18/05/2010 – De Vriendt 1

Licenciée et agrégée en Philologie romane, Isabelle De Vriendt a enseigné douze ans dans une école à pédagogie active de Bruxelles, l’Ecole Decroly. Elle y a développé une réflexion sur la pédagogie participative en la vivant, pour la poursuivre dans l’éducation non formelle, en travaillant comme détachée pédagogique au Centre d’Information et de Documentation pour Jeunes, une fédération de centres d’information de la Communauté française (www.cidj.be). Elle y a créé plusieurs outils de sensibilisation : Racismes et discriminations (2004), dossier et fiches d’animation axés sur les mécanismes qui mènent aux discriminations,  et Une place à prendre (2006), jeu de rôle pour sensibiliser les jeunes à la participation citoyenne au niveau communal.

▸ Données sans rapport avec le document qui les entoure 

-- ===== src/Cache/Holds/Erase.antt =====
-- What `Erase` leaves under its key and under the others.
use fluxkv.Base.{ℕ, ◌^◌, ◌<◌, ◌≡◌, refl, sym, ap, subst, false, List, Option, none, some}
use fluxkv.Cache.Entry.{Entry, map_key, vb_key, bytes_eq, eq_of_bytes_eq}
use fluxkv.Cache.Shard.{Shard, find, unlink, free, hash_of}
use fluxkv.Cache.Keys.{slots_of-index_erase_ne}
use fluxkv.Cache.Holds.{Holds, find-Holds-none}
use fluxkv.Cache.Holds.Views.{Holds-same, erased}
use fluxkv.Cache.Holds.Steps.{IsU16, unlink_place, unlink_other, unlink_index}
use fluxkv.Cache.Holds.Under.{find_under}
use fluxkv.Cache.Ops.{erase}

module _ (hash_key : ℕ → List ℕ → ℕ) where
  erase-none :
      (s : Shard) (vbid : ℕ) (key : List ℕ)
      → find s (hash_key vbid key) (vb_key vbid key) ≡ none
      → erase hash_key s vbid key ≡ s
  unfolding erase
  erase-none s vbid key h = ap (λ o. elim o [ none ↦ s | some e ↦ free hash_key (unlink s e) e ]) h

  erase-some :
      (s : Shard) (vbid : ℕ) (key : List ℕ) (e : Entry)
      → find s (hash_key vbid key) (vb_key vbid key) ≡ some e
      → erase hash_key s vbid key ≡ free hash_key (unlink s e) e
  unfolding erase
  erase-some s vbid key e h =
      ap (λ o. elim o [ none ↦ s | some e ↦ free hash_key (unlink s e) e ]) h

  free-Holds :
      (s : Shard) (e : Entry) (mk : List ℕ)
      → Holds hash_key s mk (some e)
      → Holds hash_key (free hash_key (unlink s e) e) mk none
  unfolding free
  free-Holds s e mk (hit, slot, place) =
      let (a, b) = unlink_place s e mk e.queue refl (eq_of_bytes_eq (map_key e) mk hit) place in
      (a, b, rw (unlink_index s e) (erased hash_key s mk e hit slot))

  free-Holds_other :
      (s : Shard) (e : Entry) (mk : List ℕ) (o : Option Entry)
      → bytes_eq (map_key e) mk ≡ false
      → Holds hash_key s mk o
      → Holds hash_key (free hash_key (unlink s e) e) mk o
  unfolding free
  free-Holds_other s e mk o other v =
      let (a, b) = unlink_other s e mk other in
      Holds-same hash_key s (free hash_key (unlink s e) e) mk o a b
        (rw (unlink_index s e)
          (slots_of-index_erase_ne mk (map_key e) (hash_of hash_key e) s.index other))
        v

  -- `Erase` under a key that held nothing or one entry: then the key holds nothing.
  pub erase-Holds :
      (s : Shard) (vbid : ℕ) (key : List ℕ) (o : Option Entry)
      → vbid < 2 ^ 16
      → IsU16 o
      → Holds hash_key s (vb_key vbid key) o
      → Holds hash_key (erase hash_key s vbid key) (vb_key vbid key) none
  erase-Holds s vbid key none hv ho v =
      subst (λ t. Holds hash_key t (vb_key vbid key) none)
        (sym (
          erase-none s vbid key
            (find-Holds-none hash_key s (vb_key vbid key) (hash_key vbid key) v)))
        v
  erase-Holds s vbid key (some e) hv ho v =
      let found = find_under hash_key s vbid key e hv ho v in
      subst (λ t. Holds hash_key t (vb_key vbid key) none) (sym (erase-some s vbid key e found))
        (free-Holds s e (vb_key vbid key) v)

  -- `Erase` of a key, which held nothing or one entry, leaves what is held under every other key. The
  -- vbuckets are uint16_t.
  pub erase-Holds_other :
      (s : Shard) (vbid : ℕ) (key : List ℕ) (o : Option Entry) (mk : List ℕ) (x : Option Entry)
      → vbid < 2 ^ 16
      → IsU16 o
      → Holds hash_key s (vb_key vbid key) o
      → bytes_eq (vb_key vbid key) mk ≡ false
      → Holds hash_key s mk x
      → Holds hash_key (erase hash_key s vbid key) mk x
  erase-Holds_other s vbid key none mk x hv ho v other vx =
      subst (λ t. Holds hash_key t mk x)
        (sym (
          erase-none s vbid key
            (find-Holds-none hash_key s (vb_key vbid key) (hash_key vbid key) v)))
        vx
  erase-Holds_other s vbid key (some e) mk x hv ho v other vx =
      let found = find_under hash_key s vbid key e hv ho v in
      let apart : bytes_eq (map_key e) mk ≡ false =
        rw (eq_of_bytes_eq (map_key e) (vb_key vbid key) v.0) other in
      subst (λ t. Holds hash_key t mk x) (sym (erase-some s vbid key e found))
        (free-Holds_other s e mk x apart vx)
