-- ===== src/Cache/Holds/Small.antt =====
-- One round on the small queue, seen from one key.
use fluxkv.Base.{
  ℕ, ◌≡◌, sym, true, false, List, [], ◌∷◌, Option, none, some, inl, inr, arith, Bool-cases,
}
use fluxkv.Cache.Entry.{Entry, main_queue, map_key, bytes_eq}
use fluxkv.Cache.Fifo.{push_head}
use fluxkv.Cache.Shard.{Shard, hash_of, free}
use fluxkv.Cache.Shard.Rounds.{SmallRound}
use fluxkv.Cache.Keys.{matching, slots_of, matching_hit, matching_miss, slots_of-index_erase_ne}
use fluxkv.Cache.Holds.{Holds, still_none, kept, dropped, Keeps-refl}
use fluxkv.Cache.Holds.Views.{
  matching-append_miss, matching-append_hit, Holds-same, InSmall_head, Outcome, erased,
}

module _ (hash_key : ℕ → List ℕ → ℕ) where
  module _ (s s' : Shard) (mk : List ℕ) (e : Entry) (rest : List Entry) where
    SmallRound-miss :
        (o : Option Entry)
        → s.small.items ≡ e ∷ rest
        → bytes_eq (map_key e) mk ≡ false
        → SmallRound (hash_of hash_key e) s s' e rest
        → Holds hash_key s mk o
        → Holds hash_key s' mk o
    unfolding push_head
    SmallRound-miss o h miss r v =
        let head = matching_miss mk e rest miss in
        let small : matching mk s'.small.items ≡ matching mk s.small.items =
          rw (r.small, h) (sym head) in
        elim r.main [
          | inl (moved, kept_slots) ↦
              Holds-same hash_key s s' mk o small
                (rw moved (
                  matching-append_miss mk s.main.items (record e { freq = 0; queue = main_queue })
                    miss))
                (rw kept_slots) v
          | inr (same, _, freed) ↦
              Holds-same hash_key s s' mk o small (rw same)
                (rw freed (slots_of-index_erase_ne mk (map_key e) _ s.index miss)) v
        ]

    SmallRound-hit :
        (x : Entry)
        → s.small.items ≡ e ∷ rest
        → bytes_eq (map_key e) mk ≡ true
        → SmallRound (hash_of hash_key e) s s' e rest
        → Holds hash_key s mk (some x)
        → Outcome hash_key s' mk (some x)
    unfolding push_head
    SmallRound-hit x h hit r (_, slot, place) =
        let (xe, none_small, none_main) =
          InSmall_head hash_key mk s.small s.main e x rest x.queue h hit place in
        let slot' : slots_of mk s.index ≡ (hash_of hash_key e, map_key e) ∷ [] = rw (← xe) slot in
        let cold = record e { freq = 0; queue = main_queue } in
        rw xe (elim r.main [
          | inl (moved, kept_slots) ↦ (
            some cold,
            (
              hit,
              rw kept_slots slot',
              (
                rw r.small none_small,
                rw moved (matching-append_hit mk s.main.items cold hit none_main),
              ),
            ),
            kept e 0 main_queue (omega arith),
          )
          | inr (same, free, freed) ↦ (
            none,
            (rw r.small none_small, rw same none_main, rw freed (erased hash_key s mk e hit slot')),
            dropped e free,
          )
        ])

    pub SmallRound-Holds :
        (o : Option Entry)
        → s.small.items ≡ e ∷ rest
        → SmallRound (hash_of hash_key e) s s' e rest
        → Holds hash_key s mk o
        → Outcome hash_key s' mk o
    SmallRound-Holds none h r v = elim (Bool-cases (bytes_eq (map_key e) mk)) [
      | inl hit ↦
          let gone : matching mk (e ∷ rest) ≡ [] = rw h at v.0 in
          absurd (ground (arith, matching_hit mk e rest hit))
      | inr miss ↦ (none, SmallRound-miss none h miss r v, still_none)
    ]
    SmallRound-Holds (some x) h r v = elim (Bool-cases (bytes_eq (map_key e) mk)) [
      | inl hit ↦ SmallRound-hit x h hit r v
      | inr miss ↦ (some x, SmallRound-miss (some x) h miss r v, Keeps-refl (some x))
    ]
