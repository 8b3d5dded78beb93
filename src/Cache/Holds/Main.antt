-- ===== src/Cache/Holds/Main.antt =====
-- One round on the main queue, seen from one key.
use fluxkv.Base.{
  ℕ, ◌-◌, ◌≡◌, ap, sym, ◌∙◌, subst, true, false, List, [], ◌∷◌, Option, none, some, inl, inr, arith,
  Bool-cases,
}
use fluxkv.Cache.Entry.{Entry, main_queue, map_key, bytes_eq}
use fluxkv.Cache.Fifo.{push_head}
use fluxkv.Cache.Shard.{Shard, hash_of, free}
use fluxkv.Cache.Shard.Rounds.{MainRound}
use fluxkv.Cache.Keys.{matching, slots_of, matching_hit, matching_miss, slots_of-index_erase_ne}
use fluxkv.Cache.Holds.{InQueue, Holds, still_none, kept, dropped, Keeps-refl}
use fluxkv.Cache.Holds.Views.{
  matching-append_miss, matching-append_hit, Holds-same, InMain_head, Outcome, erased,
}

module _ (hash_key : ℕ → List ℕ → ℕ) where
  module _ (s s' : Shard) (mk : List ℕ) (e : Entry) (rest : List Entry) where
    MainRound-miss :
        (o : Option Entry)
        → s.main.items ≡ e ∷ rest
        → bytes_eq (map_key e) mk ≡ false
        → MainRound (hash_of hash_key e) s s' e rest
        → Holds hash_key s mk o
        → Holds hash_key s' mk o
    unfolding push_head
    MainRound-miss o h miss r v =
        let head = matching_miss mk e rest miss in
        let small : matching mk s'.small.items ≡ matching mk s.small.items = rw r.small in
        let old : matching mk rest ≡ matching mk s.main.items = rw h (sym head) in
        elim r.main [
          | inl (round, _, kept_slots) ↦
              Holds-same hash_key s s' mk o small
                (rw round
                  (matching-append_miss mk rest (record e { freq = e.freq - 1 }) miss ∙ old))
                (rw kept_slots) v
          | inr (gone, _, freed) ↦
              Holds-same hash_key s s' mk o small (rw gone old)
                (rw freed (slots_of-index_erase_ne mk (map_key e) _ s.index miss)) v
        ]

    MainRound-hit :
        (x : Entry)
        → s.main.items ≡ e ∷ rest
        → bytes_eq (map_key e) mk ≡ true
        → MainRound (hash_of hash_key e) s s' e rest
        → Holds hash_key s mk (some x)
        → Outcome hash_key s' mk (some x)
    unfolding push_head
    MainRound-hit x h hit r (_, slot, place) =
        let (xe, xq, none_main, none_small) =
          InMain_head hash_key mk s.small s.main e x rest x.queue h hit place in
        let slot' : slots_of mk s.index ≡ (hash_of hash_key e, map_key e) ∷ [] = rw (← xe) slot in
        let in_main : e.queue ≡ main_queue = ap (λ (y : Entry). y.queue) (sym xe) ∙ xq in
        let cooler = record e { freq = e.freq - 1 } in
        rw xe (elim r.main [
          | inl (round, _, kept_slots) ↦ (
            some cooler,
            (
              hit,
              rw kept_slots slot',
              subst (InQueue mk s'.small s'.main cooler) (sym in_main) (
                rw r.small none_small,
                rw round (matching-append_hit mk rest cooler hit none_main),
              ),
            ),
            kept e (e.freq - 1) e.queue (omega arith),
          )
          | inr (gone, free, freed) ↦ (
            none,
            (rw r.small none_small, rw gone none_main, rw freed (erased hash_key s mk e hit slot')),
            dropped e free,
          )
        ])

    pub MainRound-Holds :
        (o : Option Entry)
        → s.main.items ≡ e ∷ rest
        → MainRound (hash_of hash_key e) s s' e rest
        → Holds hash_key s mk o
        → Outcome hash_key s' mk o
    MainRound-Holds none h r v = elim (Bool-cases (bytes_eq (map_key e) mk)) [
      | inl hit ↦
          let gone : matching mk (e ∷ rest) ≡ [] = rw h at v.1 in
          absurd (ground (arith, matching_hit mk e rest hit))
      | inr miss ↦ (none, MainRound-miss none h miss r v, still_none)
    ]
    MainRound-Holds (some x) h r v = elim (Bool-cases (bytes_eq (map_key e) mk)) [
      | inl hit ↦ MainRound-hit x h hit r v
      | inr miss ↦ (some x, MainRound-miss (some x) h miss r v, Keeps-refl (some x))
    ]
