-- ===== src/Actuator/Server/Totals.antt =====
-- cmd/actuator: the events counter, with any number of requests at once.
use ebpf_ssf_broker.Base.{
  ℕ, ◌+◌, ◌≡◌, refl, true, false, List, [], ◌∷◌, arith, if◌then◌else◌, All, text_eq, contains,
}
use ebpf_ssf_broker.Caep.Set.{SetClaims}
use ebpf_ssf_broker.Actuator.Mesh.{Outcome, done, failed}
use ebpf_ssf_broker.Actuator.Events.{
  result_revoked, result_deduped, result_failed, clocks_of, conclude, Deps, State,
}
use ebpf_ssf_broker.Actuator.Events.Laws.{arrived}
use ebpf_ssf_broker.Actuator.Spans.{MetricCall}
use ebpf_ssf_broker.Actuator.Spans.Counts.{incs, incs-observe_spans}
use ebpf_ssf_broker.Actuator.Goroutines.{
  MeshAt, at_check, at_patch, at_delete, mesh_returned, LabelAt, at_list, at_pods, label_returned,
}
use ebpf_ssf_broker.Actuator.Registry.{Client, Registered}
use ebpf_ssf_broker.Actuator.Registry.Performed.{
  events_of, events-registered, incs-perform, ClientLaws,
}
use ebpf_ssf_broker.Actuator.Server.Fits.{begun, Begun, turned_away, malformed, started}
use ebpf_ssf_broker.Actuator.Server.{
  slice, forget, arriving, waiting, reporting, answered, report, wait, advance, just_started,
  serve_slice, serve_slices, Part, handler_side, mesh_side, label_side, Slice, RequestAt, Incoming,
  Stepped, Serving,
}
use ebpf_ssf_broker.Actuator.Server.Total.{total, total-zero, total-update, Among}
use ebpf_ssf_broker.Metrics.Series.{or_zero}

-- The Incs of the three results among the calls.
abbrev counted_in : List MetricCall → ℕ
counted_in calls = incs result_revoked calls + incs result_deduped calls + incs result_failed calls

-- The counts that a request under way still owes.
abbrev pub to_count : RequestAt → ℕ
to_count arriving = 0
to_count (waiting claims a b) = 1
to_count (reporting calls response) = counted_in calls
to_count (answered response) = 0

-- A POST whose body was read, by a handler that has begun.
abbrev pub has_come : Incoming → RequestAt → ℕ
has_come r arriving = 0
has_come r (waiting claims a b) = if arrived r.request then 1 else 0
has_come r (reporting calls response) = if arrived r.request then 1 else 0
has_come r (answered response) = if arrived r.request then 1 else 0

module _ (d : Deps) (p : Client) (laws : ClientLaws p) where
  -- The sum of the three results.
  abbrev pub events_counted : Registered p → ℕ
  events_counted ms =
      or_zero (events_of p laws ms result_revoked)
      + or_zero (events_of p laws ms result_deduped)
      + or_zero (events_of p laws ms result_failed)

  module _ (r : Incoming) (st : State d) (ms : Registered p) where
    Settles : RequestAt → Stepped d p → Type 0
    Settles at t =
        events_counted t.metrics + to_count t.at + has_come r at
        ≡ events_counted ms + to_count at + has_come r t.at

    counts-begun : {x : RequestAt} → Begun d r x → to_count x ≡ has_come r x
    unfolding text_eq
    counts-begun (turned_away response a s) = rw a refl
    counts-begun (malformed response a s bad) = rw a refl
    counts-begun (started claims a c) = rw a refl

    counts-report :
        (claims : SetClaims) (o : Outcome)
        → (to_count (report d r claims st o) ≡ 1)
          × (has_come r (report d r claims st o) ≡ (if arrived r.request then 1 else 0))
    unfolding conclude text_eq
    counts-report claims (done true) =
        let c = clocks_of r.now r.request.headers claims in
        (
          omega (
            arith,
            incs-observe_spans result_revoked c,
            incs-observe_spans result_deduped c,
            incs-observe_spans result_failed c,
          ),
          refl,
        )
    counts-report claims (done false) = (refl, refl)
    counts-report claims (failed e) = (refl, refl)

    counts-wait :
        (claims : SetClaims) (a : MeshAt) (b : LabelAt)
        → (to_count (wait d r st claims a b) ≡ 1)
          × (has_come r (wait d r st claims a b) ≡ (if arrived r.request then 1 else 0))
    unfolding wait
    counts-wait claims (mesh_returned o) (label_returned n errs) = counts-report claims o
    counts-wait claims (mesh_returned o) at_list = (refl, refl)
    counts-wait claims (mesh_returned o) (at_pods ns sa pods n errs) = (refl, refl)
    counts-wait claims at_check b = (refl, refl)
    counts-wait claims (at_patch body) b = (refl, refl)
    counts-wait claims (at_delete e) b = (refl, refl)

    Settles-advance : (part : Part) (at : RequestAt) → Settles at (advance d p r part st ms at)
    unfolding advance Settles
    Settles-advance handler_side arriving = omega (arith, counts-begun (begun d r))
    Settles-advance handler_side (waiting claims a b) =
        let (one, same) = counts-wait claims a b in omega (arith, one, same)
    Settles-advance handler_side (reporting [] response) = refl
    Settles-advance handler_side (reporting (m ∷ calls) response) = omega (
      arith,
      incs-perform p laws m calls ms result_revoked,
      incs-perform p laws m calls ms result_deduped,
      incs-perform p laws m calls ms result_failed,
    )
    Settles-advance handler_side (answered response) = refl
    Settles-advance mesh_side arriving = refl
    Settles-advance mesh_side (waiting claims a b) = refl
    Settles-advance mesh_side (reporting calls response) = refl
    Settles-advance mesh_side (answered response) = refl
    Settles-advance label_side arriving = refl
    Settles-advance label_side (waiting claims a b) = refl
    Settles-advance label_side (reporting calls response) = refl
    Settles-advance label_side (answered response) = refl

  module _ (incoming : ℕ → Incoming) (n : ℕ) where
    abbrev pub left_to_count : Serving d p → ℕ
    left_to_count s = total n (λ j. to_count (s.at j))

    abbrev pub all_come : Serving d p → ℕ
    all_come s = total n (λ j. has_come (incoming j) (s.at j))

    abbrev IsCounted : Serving d p → Type 0
    IsCounted s = events_counted s.metrics + left_to_count s ≡ all_come s

    IsCounted-slice :
        (e : Slice) (s : Serving d p)
        → Among n e
        → IsCounted s
        → IsCounted (serve_slice d p incoming e s)
    unfolding serve_slice Settles
    IsCounted-slice (forget key) s ok c = c
    IsCounted-slice (slice i part) s ok c =
        let t = advance d p (incoming i) part s.state s.metrics (s.at i) in
        omega (
          arith,
          c,
          Settles-advance (incoming i) s.state s.metrics part (s.at i),
          total-update (λ j. to_count) s.at i t.at n ok,
          total-update (λ j. has_come (incoming j)) s.at i t.at n ok,
        )

    IsCounted-slices :
        (es : List Slice) (s : Serving d p)
        → All (Among n) es
        → IsCounted s
        → IsCounted (serve_slices d p incoming es s)
    unfolding serve_slices
    IsCounted-slices [] s ok c = c
    IsCounted-slices (e ∷ es) s ok c =
        IsCounted-slices es (serve_slice d p incoming e s) ok.1 (IsCounted-slice e s ok.0 c)

    -- At every point of every schedule of requests at once, resets among them: the sum of the three
    -- results of the events counter, and the counts that requests under way still owe, are together
    -- as many as the POSTs to /events whose handler has begun and whose body was read.
    pub results-serve_slices :
        (es : List Slice) (policies : d.policy_api.Store) (pods : d.pod_api.Store)
        → All (Among n) es
        → let s = serve_slices d p incoming es (just_started d p policies pods) in
          events_counted s.metrics + left_to_count s ≡ all_come s
    results-serve_slices es policies pods ok =
        IsCounted-slices es (just_started d p policies pods) ok (
          rw
            (
              events-registered p laws result_revoked (unfold contains text_eq in refl),
              events-registered p laws result_deduped (unfold contains text_eq in refl),
              events-registered p laws result_failed (unfold contains text_eq in refl),
            )
            (omega (arith, total-zero n)))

Isabelle De Vriendt travaille à l’asbl Flora (www.florainfo.be) depuis 2008, et réalise avec les formateurs-trices et les femmes en insertion socioprofessionnelle un nouvel outil de sensibilisation à la participation citoyenne (titre provisoire : Du « Je » au « Nous »/Van « Ik » naar « Wij »), et cela en suivant une méthodologie basée sur la co-construction des savoirs. Cet outil est financé par le Fonds d’Impulsion à la Politique des Immigrés. Elle est également chargée d’un projet subsidié par le Fonds social européen, Forum Insertion et Genre, qui vise à favoriser et à soutenir les associations d’insertion socioprofessionnelle et leurs publics.

Analyse genrée de la crise sociétale ou comment comprendre l’impact de la crise sur les femmes ?

A priori, ce sont les hommes qui sont victimes de la crise, et c’est cette image qui est visible, dans les médias, dans les entreprises et dans la rue. Pourtant, même si, dans certains secteurs, ce sont les hommes qui sont directement touchés par la crise, celle-ci a également un impact sur les femmes, dans le sens où les secteurs traditionnellement féminins sont touchés par une concurrence plus grande. Le fait que les femmes soient ainsi touchées par la crise n’est qu’un élément parmi d’autres qui soulignent les mécanismes structurels du marché de l’emploi.

Pour mieux comprendre ces mécanismes structurels, il s’agit de développer une analyse genrée du travail : comment s’organise la répartition des rôles dans la société ? Comment ces rôles sont-ils valorisés ? Un cadre d’analyse a été développé par l’asbl Flora avec et sur la base du vécu des femmes peu scolarisées (recherche JUMP effectuée par l’asbl Flora et le Service de l’Egalité des Chances du Ministère de l’Emploi et du Travail) : il s’agit de mettre en évidence les 4 types de travail nécessaires au bon fonctionnement d’une société (travail productif, travail pour soi, travail social et travail de soin), avec l’objectif de trouver un équilibre, véritable travail en soi. Et trouver un équilibre, c’est aussi sortir des mécanismes d’exclusion liés au système sociétal.

Or, la crise financière a des implications dans  l’économie et dans le social, avec une survalorisation du travail productif au détriment des autres types de travail. Au sein de ce déséquilibre, les femmes et les personnes d’origine étrangère sont défavorisées : une économie financière sera ‘productive’ (en terme de profit) si elle utilise des gens qui sont exclusivement disponibles pour le travail productif et ne ‘perdent’ pas leur temps à d’autres formes de travail. Les personnes fragilisées le sont encore plus maintenant que le secteur financier et économique est mis à mal. Ce n’est pas un hasard si les reportages sur l’endettement des femmes se multiplient. La tendance est à la culpabilisation plutôt qu’à la mise en évidence des facteurs qui mènent les femmes à l’endettement et, plus globalement, des éléments d’un modèle socio-économique qui crée de l’exclusion.

Paradoxalement, c’est aussi au niveau du secteur de l’insertion socioprofessionnelle que certains groupes, dont celui des femmes précarisées, sont touchés. A Bruxelles particulièrement, la demande de formation se fait de plus en plus pressante. Le risque d’une telle demande, face à une offre insuffisante est que les associations d’insertion elles-mêmes soient des lieux d’exclusion pour les personnes les plus fragiles. Ce risque est d’autant plus  important que les pouvoirs subsidiants imposent aux associations des résultats quantitatifs quant à la mise à l’emploi des personnes en insertion.

Ces mêmes associations sont donc elles-mêmes soumises à une logique productive, sans reconnaissance du travail social qu’elles réalisent. Les pouvoirs subsidiants forcent ainsi les associations à collaborer à la croissance du fossé social, alors que leur mission première est d’y remédier… Mettre en évidence les paradoxes d’un fonctionnement est la première étape d’une construction d’une société égalitaire.